P.s.: ricordati di selezionare il driver i915 durante la configurazione del kernel.

----------

## emitrax

Salve!!

Qualcuno è riuscito a far andare il direct rendering e una risoluzione di 1280x800 con questa scheda video intel integrata?

 *lspci wrote:*   

> 00:02.0 VGA compatible controller: Intel Corporation Mobile 945GM/GMS/940GML Express Integrated Graphics Controller (rev 03)
> 
> 00:02.1 Display controller: Intel Corporation Mobile 945GM/GMS/940GML Express Integrated Graphics Controller (rev 03)

 

grazie

emitrax

----------

## Dun

Ehm...   :Rolling Eyes:   :Rolling Eyes:   :Rolling Eyes: 

https://forums.gentoo.org/viewtopic-t-482355.html

----------

## gutter

Fatto il merge del topic di emitrax con questo.
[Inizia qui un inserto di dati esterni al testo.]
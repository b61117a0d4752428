-- ===== src/Capability/Answers.antt =====
-- What the choice of capabilities answers for every operation.
use ag_infer.Prelude.{
  ℕ, ◌+◌, ◌≤◌, ◌≡◌, refl, sym, ◌∙◌, String, Bool, true, false, not, ◌&&◌, List, [], ◌∷◌, ◌++◌, map,
  ok, raise_if, >>=-then, ok-injective, if◌then◌else◌, ◌==◌, Bool-cases, inl, inr, filter_by,
  length, sum_by, sum_by-append, sum_by-sorted, All, All-sorted, All-imp, In, arith, subst,
  raise_if-eq-ok,
}
use ag_infer.Inventory.{RequirementStatus, InventoryOp, LoweringInventory}
use ag_infer.Command.{CudaArch}
use ag_infer.Capability.{
  ProviderCapability, ProviderReceipt, ResolutionIssue, ProviderResolution, IssueKind, matches,
  digest_leb, receipt_of, issue_of, blocked_detail, all_distinct, answer_required, answer_as,
  answer_all, ordered_by_digest, resolve_provider_capabilities,
}

-- How many capabilities of a registry match an operation.
pub matching : InventoryOp → CudaArch → List ProviderCapability → ℕ
matching op target_arch = sum_by (λ c. if matches op target_arch c then 1 else 0)

module _ {A : Type 0} where
  length-filter :
      (test : A → Bool) (xs : List A)
      → length (filter_by test xs) ≡ sum_by (λ x. if test x then 1 else 0) xs
  unfolding filter_by
  length-filter test [] = refl
  length-filter test (x ∷ xs) = ground (arith, length-filter test xs)

  All-filter :
      (P : A → Type 0) (test : A → Bool) (xs : List A)
      → All P xs
      → All (λ x. P x × (test x ≡ true)) (filter_by test xs)
  unfolding filter_by
  All-filter P test [] h = tt
  All-filter P test (x ∷ xs) h = elim (Bool-cases (test x)) [
    | inl t ↦ rw t ((h.0, t), All-filter P test xs h.1)
    | inr n ↦ rw n (All-filter P test xs h.1)
  ]

  In-self : (xs : List A) → All (λ x. In x xs) xs
  In-self [] = tt
  In-self (x ∷ xs) =
      (inl refl, All-imp (λ y. In y xs) (λ y. In y (x ∷ xs)) xs (λ y m. inr m) (In-self xs))

module _ (digest : ProviderCapability → List ℕ) where
  -- What may be answered for one operation: nothing where it is for compile time only; an issue where
  -- it is blocked, where no capability matches and where several do; and a receipt for the one that
  -- matches.
  pub data Answer (registry : List ProviderCapability) (target_arch : CudaArch) (op : InventoryOp)
      : List ProviderReceipt → List ResolutionIssue → Type 0 where
    skipped : op.status ≡ RequirementStatus.meta → Answer registry target_arch op [] []
    refused :
        op.status ≡ RequirementStatus.blocked
        → (detail : String)
        → Answer registry target_arch op [] (issue_of op IssueKind.inventory_blocked detail [] ∷ [])
    unmatched :
        op.status ≡ RequirementStatus.required
        → matching op target_arch registry ≡ 0
        → (detail : String)
        → Answer registry target_arch op [] (issue_of op IssueKind.unresolved detail [] ∷ [])
    several :
        op.status ≡ RequirementStatus.required
        → 2 ≤ matching op target_arch registry
        → (detail : String) (candidates : List ProviderCapability)
        → length candidates ≡ matching op target_arch registry
        → All (λ c. In c registry × (matches op target_arch c ≡ true)) candidates
        → Answer registry target_arch op []
            (issue_of op IssueKind.ambiguous detail (map digest candidates) ∷ [])
    chosen :
        (c : ProviderCapability)
        → op.status ≡ RequirementStatus.required
        → In c registry
        → matches op target_arch c ≡ true
        → matching op target_arch registry ≡ 1
        → Answer registry target_arch op (receipt_of digest op c ∷ []) []

  -- The answers for all operations, in their order.
  pub data Answers (registry : List ProviderCapability) (target_arch : CudaArch)
      : List InventoryOp → List ProviderReceipt → List ResolutionIssue → Type 0 where
    none_left : Answers registry target_arch [] [] []
    next :
        {op : InventoryOp} {ops : List InventoryOp} {receipts more_receipts : List ProviderReceipt}
        {issues more_issues : List ResolutionIssue}
        → Answer registry target_arch op receipts issues
        → Answers registry target_arch ops more_receipts more_issues
        → Answers registry target_arch
            (op ∷ ops)
            (receipts ++ more_receipts)
            (issues ++ more_issues)

module _ (digest : ProviderCapability → List ℕ)
    (requirement_detail : InventoryOp → CudaArch → String)
    (registry : List ProviderCapability) where
  -- The answer to an operation that requires a provider, from the capabilities that match it.
  answer_required-Answer :
      (target_arch : CudaArch) (op : InventoryOp) (found : List ProviderCapability)
      → op.status ≡ RequirementStatus.required
      → length found ≡ matching op target_arch registry
      → All (λ c. In c registry × (matches op target_arch c ≡ true)) found
      → (let r = answer_required digest requirement_detail target_arch op found in
          Answer digest registry target_arch op r.0 r.1)
  unfolding answer_required
  answer_required-Answer target_arch op [] status count all = unmatched status (sym count) _
  answer_required-Answer target_arch op (c ∷ []) status count all =
      chosen c status all.0.0 all.0.1 (sym count)
  answer_required-Answer target_arch op (c ∷ d ∷ rest) status count all =
      several status (omega (arith, count)) _ (c ∷ d ∷ rest) count all

  matching-ordered :
      (target_arch : CudaArch) (op : InventoryOp)
      → length (filter_by (matches op target_arch) (ordered_by_digest digest registry))
        ≡ matching op target_arch registry
  unfolding matching ordered_by_digest
  matching-ordered target_arch op =
      length-filter (matches op target_arch) (ordered_by_digest digest registry)
      ∙ sum_by-sorted (λ a b. digest_leb (digest a) (digest b))
          (λ c. if matches op target_arch c then 1 else 0) registry

  ordered-In : All (λ c. In c registry) (ordered_by_digest digest registry)
  unfolding ordered_by_digest
  ordered-In =
      All-sorted (λ c. In c registry) (λ a b. digest_leb (digest a) (digest b)) registry
        (In-self registry)

  answer_as-Answer :
      (target_arch : CudaArch) (op : InventoryOp) (s : RequirementStatus)
      → op.status ≡ s
      → (let r =
            answer_as digest requirement_detail target_arch
              (ordered_by_digest digest registry)
              op
              s in
          Answer digest registry target_arch op r.0 r.1)
  unfolding answer_as
  answer_as-Answer target_arch op RequirementStatus.meta e = skipped e
  answer_as-Answer target_arch op RequirementStatus.blocked e =
      refused e (blocked_detail op.blocker)
  answer_as-Answer target_arch op RequirementStatus.required e =
      answer_required-Answer target_arch op _ e (matching-ordered target_arch op) (
        All-filter (λ c. In c registry) (matches op target_arch) (ordered_by_digest digest registry)
          ordered-In)

  answer_all-Answers :
      (target_arch : CudaArch) (ops : List InventoryOp)
      → (let r =
            answer_all digest requirement_detail target_arch
              (ordered_by_digest digest registry)
              ops in
          Answers digest registry target_arch ops r.0 r.1)
  unfolding answer_all
  answer_all-Answers target_arch [] = none_left
  answer_all-Answers target_arch (op ∷ ops) =
      next (answer_as-Answer target_arch op op.status refl) (answer_all-Answers target_arch ops)

-- How often an operation runs, where it is not for compile time only.
abbrev pub runtime_executions : InventoryOp → ℕ
runtime_executions op = elim op.status [ RequirementStatus.meta ↦ 0 | _ ↦ op.executions ]

no_issues : (strict : Bool) (n : ℕ) → strict && not (n == 0) ≡ false → strict ≡ true → n ≡ 0
no_issues strict n h t = let h' = rw t at h in ground arith

module _ (digest : ProviderCapability → List ℕ)
    (requirement_detail : InventoryOp → CudaArch → String)
    (inventory_sha256 : LoweringInventory → List ℕ) where
  -- Where `resolve_provider_capabilities` returns a resolution, every operation of the inventory has the
  -- answer that the registry gives it: none for one of compile time, an issue for a blocked one, an
  -- issue where no capability matches and where more than one does, and the receipt of the
  -- capability that matches where exactly one does. In a strict resolution no issue is left.
  pub resolve_provider_capabilities-Answers :
      (inventory : LoweringInventory) (registry : List ProviderCapability) (target_arch : CudaArch)
      (strict : Bool) (r : ProviderResolution)
      → resolve_provider_capabilities digest requirement_detail inventory_sha256 inventory registry
          target_arch strict
        ≡ ok r
      → Answers digest registry target_arch inventory.ops r.receipts r.issues
        × (strict ≡ true → length r.issues ≡ 0)
  unfolding resolve_provider_capabilities
  resolve_provider_capabilities-Answers inventory registry target_arch strict r e =
      >>=-then (raise_if (not (all_distinct (map digest registry))) _) _ e λ _ _ e1.
        >>=-then (raise_if _ _) _ e1 λ _ checked done.
          subst
            (λ (r : ProviderResolution).
              Answers digest registry target_arch inventory.ops r.receipts r.issues
              × (strict ≡ true → length r.issues ≡ 0))
            (ok-injective done)
            (
              answer_all-Answers digest requirement_detail registry target_arch inventory.ops,
              no_issues strict _ (raise_if-eq-ok _ _ checked),
            )

module _ (digest : ProviderCapability → List ℕ) (registry : List ProviderCapability)
    (target_arch : CudaArch) where
  Answer-executions :
      (op : InventoryOp) (receipts : List ProviderReceipt) (issues : List ResolutionIssue)
      → Answer digest registry target_arch op receipts issues
      → sum_by (λ (x : ProviderReceipt). x.executions) receipts
          + sum_by (λ (x : ResolutionIssue). x.executions) issues
        ≡ runtime_executions op
  unfolding issue_of receipt_of
  Answer-executions op receipts issues (skipped s) = rw s refl
  Answer-executions op receipts issues (refused s detail) = rw s (omega arith)
  Answer-executions op receipts issues (unmatched s none_found detail) = rw s (omega arith)
  Answer-executions op receipts issues (several s two detail candidates count all) =
      rw s (omega arith)
  Answer-executions op receipts issues (chosen c s m t one) = rw s (omega arith)

  Answers-executions :
      (ops : List InventoryOp) (receipts : List ProviderReceipt) (issues : List ResolutionIssue)
      → Answers digest registry target_arch ops receipts issues
      → sum_by (λ (x : ProviderReceipt). x.executions) receipts
          + sum_by (λ (x : ResolutionIssue). x.executions) issues
        ≡ sum_by runtime_executions ops
  Answers-executions ops receipts issues none_left = refl
  Answers-executions ops receipts issues
        (next {op = op} {ops = rest} {receipts = receipts₁} {more_receipts = receipts₂}
          {issues = issues₁} {more_issues = issues₂} here more) =
      omega (
        arith,
        Answer-executions op receipts₁ issues₁ here,
        Answers-executions rest receipts₂ issues₂ more,
        sum_by-append (λ (x : ProviderReceipt). x.executions) receipts₁ receipts₂,
        sum_by-append (λ (x : ResolutionIssue). x.executions) issues₁ issues₂,
      )

module _ (digest : ProviderCapability → List ℕ)
    (requirement_detail : InventoryOp → CudaArch → String)
    (inventory_sha256 : LoweringInventory → List ℕ) where
  -- No execution is lost or counted twice: in a resolution, the executions of the receipts and those of
  -- the issues are together the executions of all operations that are not for compile time only.
  pub resolve_provider_capabilities_executions :
      (inventory : LoweringInventory) (registry : List ProviderCapability) (target_arch : CudaArch)
      (strict : Bool) (r : ProviderResolution)
      → resolve_provider_capabilities digest requirement_detail inventory_sha256 inventory registry
          target_arch strict
        ≡ ok r
      → sum_by (λ (x : ProviderReceipt). x.executions) r.receipts
          + sum_by (λ (x : ResolutionIssue). x.executions) r.issues
        ≡ sum_by runtime_executions inventory.ops
  resolve_provider_capabilities_executions inventory registry target_arch strict r e =
      Answers-executions digest registry target_arch inventory.ops r.receipts r.issues
        (resolve_provider_capabilities-Answers digest requirement_detail inventory_sha256 inventory
          registry target_arch strict r e).0
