-- ===== src/Capability/Classes.antt =====
-- What the classification of an operation tells the registry of providers.
use ag_infer.Prelude.{
  ◌≡◌, refl, String, Bool, true, false, not, Bool-cases, none, List, inl, inr, ok, Result, >>=-then,
  ok-injective, ◌++◌, all_of, str_eq, ◌&&◌, list_eq, drop, if◌then◌else◌, subst, [], ◌∷◌,
}
use ag_infer.Schedule.{TensorSignature, Attribute, item}
use ag_infer.Capability.{is_runtime_kind}
use ag_infer.Inventory.{
  LoweringKind, RequirementStatus, Classified, is_one_of, meta_opcodes, memory_opcodes, aot_opcodes,
  ints_of, same_dims, classify_conv2d, classify, needs, blocked_by,
}

-- What a classification may be, for the tensors of an operation.
pub data IsClassified (types : List TensorSignature) : Classified → Type 0 where
  compile_time :
      IsClassified types (record {
        kind = LoweringKind.builtin_meta;
        status = RequirementStatus.meta;
        blocker = none;
      })
  needed :
      (kind : LoweringKind)
      → is_runtime_kind kind ≡ true
      → all_of (λ (t : TensorSignature). str_eq t.device "cuda") types ≡ true
      → IsClassified types (needs kind)
  refused : (reason : String) → IsClassified types (blocked_by reason)

not-false : (b : Bool) → not b ≡ false → b ≡ true
not-false true e = refl
not-false false e = cc

module _ (types : List TensorSignature) where
  abbrev Good : Result Classified → Type 0
  Good r = (c : Classified) → r ≡ ok c → IsClassified types c

  branch :
      (b : Bool) (x y : Result Classified)
      → (b ≡ true → Good x)
      → (b ≡ false → Good y)
      → Good (if b then x else y)
  branch true x y f g = f refl
  branch false x y f g = g refl

  given : (c : Classified) → IsClassified types c → Good (ok c)
  given c h d e = subst (IsClassified types) (ok-injective e) h

  conv2d-IsClassified :
      (attributes : List (String × Attribute)) (input_types : List TensorSignature)
      → all_of (λ (t : TensorSignature). str_eq t.device "cuda") types ≡ true
      → Good (classify_conv2d attributes input_types)
  unfolding classify_conv2d
  conv2d-IsClassified attributes input_types cuda c e =
      >>=-then (item input_types 1) _ e λ weight _ e1.
        >>=-then (ints_of attributes "pads") _ e1 λ pads _ e2.
          >>=-then (ints_of attributes "strides") _ e2 λ strides _ e3.
            elim (Bool-cases
              (list_eq pads (0 ∷ 0 ∷ 0 ∷ 0 ∷ []) && same_dims (drop 2 weight.shape) strides)) [
                | inl t ↦
                    given (needs LoweringKind.gemm) (needed LoweringKind.gemm refl cuda) c
                      (rw t at e3)
                | inr n ↦ given (blocked_by _) (refused _) c (rw n at e3)
              ]

-- A classification is one of three: compile-time, where no provider is asked; required, with a kind that
-- the registry of providers serves, where all tensors of the operation are on CUDA; or blocked, with a
-- reason.
pub classify-IsClassified :
    (opcode : String) (attributes : List (String × Attribute))
    (input_types output_types : List TensorSignature) (c : Classified)
    → classify opcode attributes input_types output_types ≡ ok c
    → IsClassified (input_types ++ output_types) c
unfolding classify
classify-IsClassified opcode attributes input_types output_types =
    let types = input_types ++ output_types in
    let device = all_of (λ (t : TensorSignature). str_eq t.device "cuda") types in
    branch types (is_one_of opcode meta_opcodes) _ _ (λ _. given types _ compile_time)
      λ _.
        branch types (not device) _ _ (λ _. given types _ (refused _))
          λ on_cuda.
            let cuda : device ≡ true = not-false device on_cuda in
            let served = λ (kind : LoweringKind) (s : is_runtime_kind kind ≡ true).
              given types (needs kind) (needed kind s cuda) in
            branch types (is_one_of opcode memory_opcodes) _ _
              (λ _. served LoweringKind.memory refl)
              λ _.
                branch types (is_one_of opcode ("linear" ∷ "matmul" ∷ [])) _ _
                  (λ _. served LoweringKind.gemm refl)
                  λ _.
                    branch types (str_eq opcode "scaled_dot_product_attention") _ _
                      (λ _. served LoweringKind.attention refl)
                      λ _.
                        branch types (str_eq opcode "conv2d") _ _
                          (λ _. conv2d-IsClassified types attributes input_types cuda)
                          λ _.
                            branch types (is_one_of opcode aot_opcodes) _ _
                              (λ _. served LoweringKind.aot_cuda refl)
                              (λ _. given types _ (refused _))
@Dun: grazie per la segnalazione   :Wink: 

----------

## emitrax

Sono riuscito a far andare entrambi. Adesso il problema è la console ed il frame buffer. Nel kernel, nella sezione del frame buffer non c'è supporto per la mia scheda. Ho usato i vesa, ma la risolzione è sbagliata. Tant'è che vedo "due" shell  :Smile:  Una a destra e una a sinistra. 

Uso un vanilla 2.6.17.6. 

Grazie per l'aiuto!

emitrax

----------

## Dun

Usa il kernel gentoo innanzitutto.

Successivamente aggiungi la seguente riga a grub.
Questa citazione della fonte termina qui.